Key features to look for in a sticky note app
Before diving into the rankings, here is what separates a good sticky note app from a mediocre one:
Always on Top / Fullscreen visibility. If you work on a MacBook, you work in fullscreen. A sticky note that disappears in fullscreen is a sticky note you cannot use 80% of the time. This is the single most important differentiator. For a deep dive into how always-on-top works on macOS, including the window level system, see our dedicated guide.
Global hotkey with instant launch. You should be able to create a note from anywhere on your Mac with a single keyboard shortcut. If it takes more than a second to open, you will stop using it.
Markdown support. Power users format their notes: headings, bold, code blocks, lists. Raw Markdown is fine for some, but WYSIWYG Markdown (live-rendered formatting) is the gold standard.
iCloud Sync. If you own more than one Mac, your notes should be everywhere. No manual export, no third-party cloud, no account creation. Just iCloud.
Smart organization. Tags, color coding, folders: some system for finding notes when you have more than five. Search is essential.
Security. If you keep API keys, passwords, or personal info in notes, Touch ID or password lock is non-negotiable.
Export. Your data should be yours. PDF, Markdown, and plain text export means you are never locked in.
1. Noticky: best for power users who work in fullscreen ($6)
Killer feature: Always on Top. Notes float above fullscreen apps.
Noticky is a native macOS menu bar app built in Swift, designed around one principle: your notes should always be visible, no matter what app has focus, including fullscreen apps.
Press Cmd+Shift+N from anywhere on your Mac. A capture window appears in under 80ms. Type your note using full Markdown WYSIWYG (headings, bold, italic, code blocks, bullet lists rendered live as you type). Hit Enter, and the note is pinned to your screen. Drag it anywhere. It stays there: above Safari, above VS Code, above Figma, above fullscreen apps.

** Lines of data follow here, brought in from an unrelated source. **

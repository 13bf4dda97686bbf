-- ===== src/Mutex/Cond/Tests.antt =====
-- Runs of mutex_prodcons3.c, and the theorems at concrete inputs.
use cs_primer.Prelude.{ℕ, ◌+◌, ◌≤◌, ◌<◌, ◌≡◌, ◌⊎◌, List, [], ◌∷◌, ◌++◌, replicate, arith}
use cs_primer.Threads.{total}
use cs_primer.Threads.Machine.{System, run, CanMove}
use cs_primer.Mutex.Cond.{Shared, Thread, move, init}
use cs_primer.Mutex.Cond.Weights.{running, in_put, in_ready}
use cs_primer.Mutex.Cond.Laws.{cond_no_deadlock, cond_safe}

-- The consumer falls asleep, the system wakes it in vain, then the producer runs to its end.
abbrev schedule : List ℕ
schedule = replicate 4 1 ++ (2 ∷ []) ++ replicate 4 1 ++ replicate 40 0 ++ replicate 30 1

abbrev final : System Shared Thread
final = run (move 2) (init 1 1) schedule

cond_no_deadlock_example : CanMove (move 2) final ⊎ (total running final.threads ≡ 0)
cond_no_deadlock_example = cond_no_deadlock 1 1 2 schedule (omega arith)

cond_safe_example :
    (total in_put final.threads ≤ 1)
    × (total in_ready final.threads ≤ 1)
    × (final.mem.nready + final.mem.i ≤ final.mem.nput)
    × (final.mem.nput ≤ 2)
    × ((k : ℕ) → k < final.mem.nput → final.mem.buf k ≡ k)
    × (final.mem.errors ≡ [])
cond_safe_example = cond_safe 1 1 2 schedule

The Always on Top feature is what makes Noticky unique. Every other app here operates at the standard macOS window level, which means they are bound to their Space and hidden by fullscreen. Noticky uses a higher window level that persists across Spaces and fullscreen boundaries. If you want to understand the technical details of how this works, read our explainer on floating notes on Mac.

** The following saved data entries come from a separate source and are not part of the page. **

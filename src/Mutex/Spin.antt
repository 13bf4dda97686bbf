-- ===== src/Mutex/Spin.antt =====
-- ipc/src/mutex/mutex_prodcons2.c: any number of producers fill an array under a mutex while one
-- consumer polls for each item. A step is one access to what the threads share.
pub mod Inv
pub mod Laws
mod Tests
use cs_primer.Prelude.{
  update, ℕ, ◌+◌, ◌-◌, List, [], ◌∷◌, ◌++◌, Option, none, some, ◌==◌, leb, ltb, if◌then◌else◌,
  replicate,
}
use cs_primer.Threads.Machine.{System}

-- `shared`, the mutex being 1 where it is free, with the local `i` of the one consumer and the lines
-- that it prints.
pub record Shared : Type 0 where
  pub buf : ℕ → ℕ
  pub nput : ℕ
  pub nval : ℕ
  pub mutex : ℕ
  pub i : ℕ
  pub errors : List (ℕ × ℕ)

-- The statement of `producer` that comes next.
pub data PutPc : Type 0 where
  lock_put test_nput store inc_nput inc_nval unlock_put add_put quit_put returned_put : PutPc

-- The statement of `consumer`, or of `consumer_wait` where it is called, that comes next.
pub data GetPc : Type 0 where
  test_i lock_get test_stored unlock_found unlock_again check returned_get : GetPc

-- A producer comes with the counter that its argument points to.
pub data Thread : Type 0 where
  put : PutPc → ℕ → Thread
  get : GetPc → Thread

abbrev lock : Shared → Thread → Option (Shared × Thread)
lock m t = if m.mutex == 0 then none else some (record m { mutex = m.mutex - 1 }, t)

producer : ℕ → Shared → PutPc → ℕ → Option (Shared × Thread)
producer nitems m lock_put c = lock m (put test_nput c)
producer nitems m test_nput c = some (m, if leb nitems m.nput then put quit_put c else put store c)
producer nitems m store c = some (record m { buf = update m.buf m.nput m.nval }, put inc_nput c)
producer nitems m inc_nput c = some (record m { nput = m.nput + 1 }, put inc_nval c)
producer nitems m inc_nval c = some (record m { nval = m.nval + 1 }, put unlock_put c)
producer nitems m unlock_put c = some (record m { mutex = m.mutex + 1 }, put add_put c)
producer nitems m add_put c = some (m, put lock_put (c + 1))
producer nitems m quit_put c = some (record m { mutex = m.mutex + 1 }, put returned_put c)
producer nitems m returned_put c = none

-- `consumer` with `consumer_wait` in its place; `++i` goes with the last statement of the body.
consumer : ℕ → Shared → GetPc → Option (Shared × Thread)
consumer nitems m test_i = some (m, if leb nitems m.i then get returned_get else get lock_get)
consumer nitems m lock_get = lock m (get test_stored)
consumer nitems m test_stored =
    some (m, if ltb m.i m.nput then get unlock_found else get unlock_again)
consumer nitems m unlock_found = some (record m { mutex = m.mutex + 1 }, get check)
consumer nitems m unlock_again = some (record m { mutex = m.mutex + 1 }, get lock_get)
consumer nitems m check =
    let v = m.buf m.i in
    let errors' = if v == m.i then m.errors else m.errors ++ (m.i, v) ∷ [] in
    some (record m { errors = errors'; i = m.i + 1 }, get test_i)
consumer nitems m returned_get = none

unfoldable pub move : ℕ → Shared → Thread → Option (Shared × Thread)
unfolding producer consumer
move nitems m (put p c) = producer nitems m p c
move nitems m (get p) = consumer nitems m p

-- `main` once it has started the threads.
abbrev pub init : ℕ → System Shared Thread
init nthreads = record {
  mem = record { buf = λ _. 0; nput = 0; nval = 0; mutex = 1; i = 0; errors = [] };
  threads = replicate nthreads (put lock_put 0) ++ replicate 1 (get test_i);
}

Beyond the core feature: iCloud Sync across all your Macs (automatic, no setup), Touch ID lock for sensitive notes, smart tags with color coding, templates for recurring note formats (standup notes, meeting agendas, code review checklists), reminders with time-based alerts, and export to PDF, Markdown, and plain text. There is also a 30-day trash for accidental deletions.
Noticky is a menu bar app. No Dock icon, no window in your Cmd+Tab switcher. It is invisible until you need it.
Pros:
- Stays visible in fullscreen, the fastest launch at sub-80ms
- Full Markdown WYSIWYG (live rendering)
- iCloud Sync, Touch ID, smart tags, templates, reminders
- $6 one-time with no subscription or account required
- Native Swift with no Electron, no web views
Cons:
- Requires macOS 15 Sequoia or later
- macOS only (no iOS companion app yet)
Price: $6 once, forever
Requires: macOS 15 Sequoia+
Best for: Developers, designers, writers, and anyone who works in fullscreen
2. Tot 2: best minimalist color-coded notes (free / IAP)
Major update in 2025: Tot 2.0 shipped in August 2025, adding to-do checkboxes, auto-indenting, customizable bullet pairs, and a new floating window option.
Tot is radical simplicity. Seven colored dots in your menu bar. Click one, type a note. That is the entire app. No folders, no tags, no hierarchy, no settings to configure. Seven dots, seven notes, each with a distinct color.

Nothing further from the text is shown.